Uniform Turnpike Property and Singular Limits

TL;DR

This paper establishes a uniform turnpike property for parameter-dependent parabolic equations, including heat equations with oscillating coefficients, and demonstrates homogenization of the turnpike behavior through theoretical proofs and numerical validation.

Contribution

It proves a uniform turnpike result for a class of parameter-dependent parabolic equations and demonstrates homogenization in oscillatory media, extending previous results to more complex settings.

Findings

Uniform exponential stabilization of Riccati equations

Turnpike property holds uniformly for oscillatory media

Homogenization of the turnpike property achieved

Abstract

Motivated by singular limits for long-time optimal control problems, we investigate a class of parameter-dependent parabolic equations. First, we prove a turnpike result, uniform with respect to the parameters within a suitable regularity class and under appropriate bounds.

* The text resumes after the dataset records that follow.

-- ===== src/Xattr/CallsLaws.antt =====
-- src/cext/os/acl.c: what reading an ACL returns, and reading after setting.
use truenas_pyos.Prelude.Bits.{bit_and_seven}
use truenas_pyos.Prelude.Bytes.{le16, le32}
use truenas_pyos.Prelude.{
  ◌<◌, ◌/◌, ◌%◌, ◌^◌, true, sym, bit_and, arith, ℕ, ◌≡◌, ◌⊎◌, inl, inr, refl, ap, ◌∙◌, false,
  Option, none, some, List, length, ◌==◌, Bool-cases, ==_iff,
}
use truenas_pyos.Py.{>>=-eq-ok, ◌>>◌, ok, raise, os_error, ◌>>=◌}
use truenas_pyos.Xattr.Calls.{
  Call, Reply, XattrKernel, XattrName, access_acl, check_signals, default_acl, do_fgetacl,
  do_fsetacl_posix, done, enodata, eopnotsupp, failed, fgetacl_posix, nfs4_acl, or_gone,
  or_os_error, posix_access, posix_data, posix_default, read_xattr_raw, remove_quietly, retry,
  synthesize_posix_access_from_mode,
}
use truenas_pyos.Xattr.GenericLaws.{filled}

-- No signal handler raises while the call is retried.
abbrev pub IsQuiet : {A : Type 0} → Call A → Type 0
IsQuiet c = check_signals c.signals ≡ ok tt

-- The kernel answers for an attribute with the bytes that it holds, or with an errno.
abbrev pub Holds : XattrKernel → XattrName → List ℕ → Type 0
Holds k name bytes =
    IsQuiet (k.probe name)
    × ((k.probe name).reply ≡ done (length bytes))
    × IsQuiet (k.read name (length bytes))
    × ((k.read name (length bytes)).reply ≡ done bytes)

abbrev pub Lacks : XattrKernel → XattrName → ℕ → Type 0
Lacks k name e = IsQuiet (k.probe name) × ((k.probe name).reply ≡ failed e)

-- The default ACL of a file, as the kernel answers for it.
abbrev pub HoldsDefault : XattrKernel → Option (List ℕ) → Type 0
HoldsDefault k none = Lacks k posix_default enodata
HoldsDefault k (some bytes) = Holds k posix_default bytes × ((length bytes == 0) ≡ false)

-- A run that returns has made its calls: the access ACL is set, and the default ACL is set or is gone.
abbrev pub WasSet : XattrKernel → List ℕ → Option (List ℕ) → Type 0
WasSet k access none =
    ((k.set posix_access access).reply ≡ done tt)
    × (((k.remove posix_default).reply ≡ done tt)
        ⊎ ((k.remove posix_default).reply ≡ failed enodata))
WasSet k access (some bytes) =
    ((k.set posix_access access).reply ≡ done tt) × ((k.set posix_default bytes).reply ≡ done tt)

retry-eq-ok : {A : Type 0} (c : Call A) (r : Reply A) → retry c ≡ ok r → c.reply ≡ r
unfolding retry
retry-eq-ok c r e = let (_, _, q) = >>=-eq-ok (check_signals c.signals) (λ _. ok c.reply) e in cc

retry_quiet : {A : Type 0} (c : Call A) → IsQuiet c → retry c ≡ ok c.reply
unfolding retry
retry_quiet c h = rw h refl

returned : (r : Reply (Unit {0})) → or_os_error r ≡ ok tt → r ≡ done tt
returned (done u) e = refl
returned (failed n) e = cc

made : (c : Call (Unit {0})) → (retry c >>= or_os_error) ≡ ok tt → c.reply ≡ done tt
made c e = let (r, e1, e2) = >>=-eq-ok (retry c) or_os_error e in retry-eq-ok c r e1 ∙ returned r e2

gone : (r : Reply (Unit {0})) → or_gone r ≡ ok tt → (r ≡ done tt) ⊎ (r ≡ failed enodata)
gone (done u) e = inl refl
gone (failed n) e = elim (Bool-cases (n == enodata)) [
  | inl h ↦ inr (ap failed ((==_iff n enodata).0 h))
  | inr h ↦ let q : or_gone (failed n) ≡ raise (os_error n) = rw h refl in cc
]

remove_quietly-eq-ok :
    (k : XattrKernel) (name : XattrName)
    → remove_quietly k name ≡ ok tt
    → ((k.remove name).reply ≡ done tt) ⊎ ((k.remove name).reply ≡ failed enodata)
unfolding remove_quietly
remove_quietly-eq-ok k name e =
    let (r, e1, e2) = >>=-eq-ok (retry (k.remove name)) or_gone e in
    let q = retry-eq-ok (k.remove name) r e1 in
    elim (gone r e2) [ inl d ↦ inl (q ∙ d) | inr f ↦ inr (q ∙ f) ]

do_fsetacl_posix-WasSet :
    (k : XattrKernel) (access : List ℕ) (default_data : Option (List ℕ))
    → do_fsetacl_posix k access default_data ≡ ok tt
    → WasSet k access default_data
unfolding do_fsetacl_posix
do_fsetacl_posix-WasSet k access none e =
    let (r, e1, e2) =
      >>=-eq-ok (retry (k.set posix_access access))
        (λ r. or_os_error r >> remove_quietly k posix_default) e in
    let (u, e3, e4) = >>=-eq-ok (or_os_error r) (λ _. remove_quietly k posix_default) e2 in
    (
      retry-eq-ok (k.set posix_access access) r e1 ∙ returned r e3,
      remove_quietly-eq-ok k posix_default e4,
    )
do_fsetacl_posix-WasSet k access (some bytes) e =
    let last = retry (k.set posix_default bytes) >>= or_os_error in
    let (r, e1, e2) =
      >>=-eq-ok (retry (k.set posix_access access)) (λ r. or_os_error r >> last) e in
    let (u, e3, e4) = >>=-eq-ok (or_os_error r) (λ _. last) e2 in
    (
      retry-eq-ok (k.set posix_access access) r e1 ∙ returned r e3,
      made (k.set posix_default bytes) e4,
    )

read_xattr_raw-Holds :
    (k : XattrKernel) (name : XattrName) (bytes : List ℕ)
    → Holds k name bytes
    → read_xattr_raw k name (length bytes) ≡ ok bytes
unfolding read_xattr_raw
read_xattr_raw-Holds k name bytes h = rw (retry_quiet (k.read name (length bytes)) h.2, h.3) refl

-- The default ACL of the file, asked for and read.
default_acl-HoldsDefault :
    (k : XattrKernel) (default_data : Option (List ℕ))
    → HoldsDefault k default_data
    → (retry (k.probe posix_default) >>= default_acl k) ≡ ok default_data
unfolding default_acl
default_acl-HoldsDefault k none h = rw (retry_quiet (k.probe posix_default) h.0, h.1) refl
default_acl-HoldsDefault k (some bytes) h =
    rw
      (
        retry_quiet (k.probe posix_default) h.0.0,
        h.0.1,
        h.1,
        read_xattr_raw-Holds k posix_default bytes h.0,
      )
      refl

fgetacl_posix-Holds :
    (k : XattrKernel) (access : List ℕ) (default_data : Option (List ℕ))
    → (length access == 0) ≡ false
    → Holds k posix_access access
    → HoldsDefault k default_data
    → fgetacl_posix k ≡ ok (posix_data access false default_data)
unfolding fgetacl_posix access_acl
fgetacl_posix-Holds k access default_data filled h d =
    let (r, e1, e2) =
      >>=-eq-ok (retry (k.probe posix_default)) (default_acl k)
        (default_acl-HoldsDefault k default_data d) in
    rw
      (
        retry_quiet (k.probe posix_access) h.0,
        h.1,
        filled,
        read_xattr_raw-Holds k posix_access access h,
        e1,
        e2,
      )
      refl

-- The bytes of an access ACL with three entries, which acl(5) calls a minimal ACL: one for each of
-- the owner, the group and the others, as mode bits have.
abbrev pub minimal_size : ℕ
minimal_size = 28

-- What the kernel answers for an access ACL that was set on a file: a minimal ACL has become the
-- permission bits of the file's mode and no attribute is left; one with more entries is an attribute.
abbrev pub Keeps : XattrKernel → List ℕ → Type 0
Keeps k access =
    ((mode : ℕ) × (st : ℕ) × (access ≡ synthesize_posix_access_from_mode mode)
      × Lacks k posix_access enodata
      × (k.fstat ≡ done st)
      × (st % 2 ^ 9 ≡ mode % 2 ^ 9))
    ⊎ ((minimal_size < length access) × Holds k posix_access access)

synthesized-eq :
    (st mode : ℕ)
    → st % 2 ^ 9 ≡ mode % 2 ^ 9
    → synthesize_posix_access_from_mode st ≡ synthesize_posix_access_from_mode mode
unfolding synthesize_posix_access_from_mode
synthesized-eq st mode h =
    let user : bit_and (st / 2 ^ 6) 7 ≡ bit_and (mode / 2 ^ 6) 7 =
      omega (arith, bit_and_seven (st / 2 ^ 6), bit_and_seven (mode / 2 ^ 6)) in
    let group : bit_and (st / 2 ^ 3) 7 ≡ bit_and (mode / 2 ^ 3) 7 =
      omega (arith, bit_and_seven (st / 2 ^ 3), bit_and_seven (mode / 2 ^ 3)) in
    let other : bit_and st 7 ≡ bit_and mode 7 =
      omega (arith, bit_and_seven st, bit_and_seven mode) in
    rw (user, group, other) refl

length-synthesized : (mode : ℕ) → length (synthesize_posix_access_from_mode mode) ≡ minimal_size
unfolding synthesize_posix_access_from_mode le16 le32
length-synthesized mode = refl

fgetacl_posix-folded :
    (k : XattrKernel) (st : ℕ) (default_data : Option (List ℕ))
    → Lacks k posix_access enodata
    → k.fstat ≡ done st
    → HoldsDefault k default_data
    → fgetacl_posix k ≡ ok (posix_data (synthesize_posix_access_from_mode st) true default_data)
unfolding fgetacl_posix access_acl
fgetacl_posix-folded k st default_data lacks mode d =
    let (r, e1, e2) =
      >>=-eq-ok (retry (k.probe posix_default)) (default_acl k)
        (default_acl-HoldsDefault k default_data d) in
    rw (retry_quiet (k.probe posix_access) lacks.0, lacks.1, mode, e1, e2) refl

fgetacl_posix-Keeps :
    (k : XattrKernel) (access : List ℕ) (default_data : Option (List ℕ))
    → Keeps k access
    → HoldsDefault k default_data
    → fgetacl_posix k ≡ ok (posix_data access (length access == minimal_size) default_data)
fgetacl_posix-Keeps k access default_data kept d = elim kept [
  | inl (mode, st, is, lacks, found, bits) ↦
      let same : synthesize_posix_access_from_mode st ≡ access =
        synthesized-eq st mode bits ∙ sym is in
      let small : (length access == minimal_size) ≡ true =
        rw (ap length is ∙ length-synthesized mode) refl in
      fgetacl_posix-folded k st default_data lacks found d ∙ rw (same, small) refl
  | inr (large, holds) ↦
      let long : (length access == minimal_size) ≡ false = ground arith in
      rw long (fgetacl_posix-Holds k access default_data (ground arith) holds d)
]

-- An access ACL and a default ACL that is not empty or is none come back from do_fgetacl when
-- do_fsetacl_posix has returned. The kernel `k'` answers after the calls that were made to `k`.
pub do_fgetacl-do_fsetacl_posix :
    (k k' : XattrKernel) (access : List ℕ) (default_data : Option (List ℕ))
    → Lacks k' nfs4_acl eopnotsupp
    → (WasSet k access default_data → Keeps k' access × HoldsDefault k' default_data)
    → do_fsetacl_posix k access default_data ≡ ok tt
    → do_fgetacl k' ≡ ok (posix_data access (length access == minimal_size) default_data)
unfolding do_fgetacl
do_fgetacl-do_fsetacl_posix k k' access default_data no_nfs4 after e =
    let (kept, rest) = after (do_fsetacl_posix-WasSet k access default_data e) in
    rw (retry_quiet (k'.probe nfs4_acl) no_nfs4.0, no_nfs4.1)
      (fgetacl_posix-Keeps k' access default_data kept rest)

The main ingredient of our proof is the justification of the uniform exponential stabilization of the corresponding Riccati equations, which is derived from the uniform null control properties of the model. Then, we focus on a heat equation with rapidly oscillating coefficients. In the one-dimensional setting, we obtain a uniform turnpike property with respect to the highly oscillatory heterogeneous medium. Afterward, we establish the homogenization of the turnpike property. Finally, our results are validated by numerical experiments.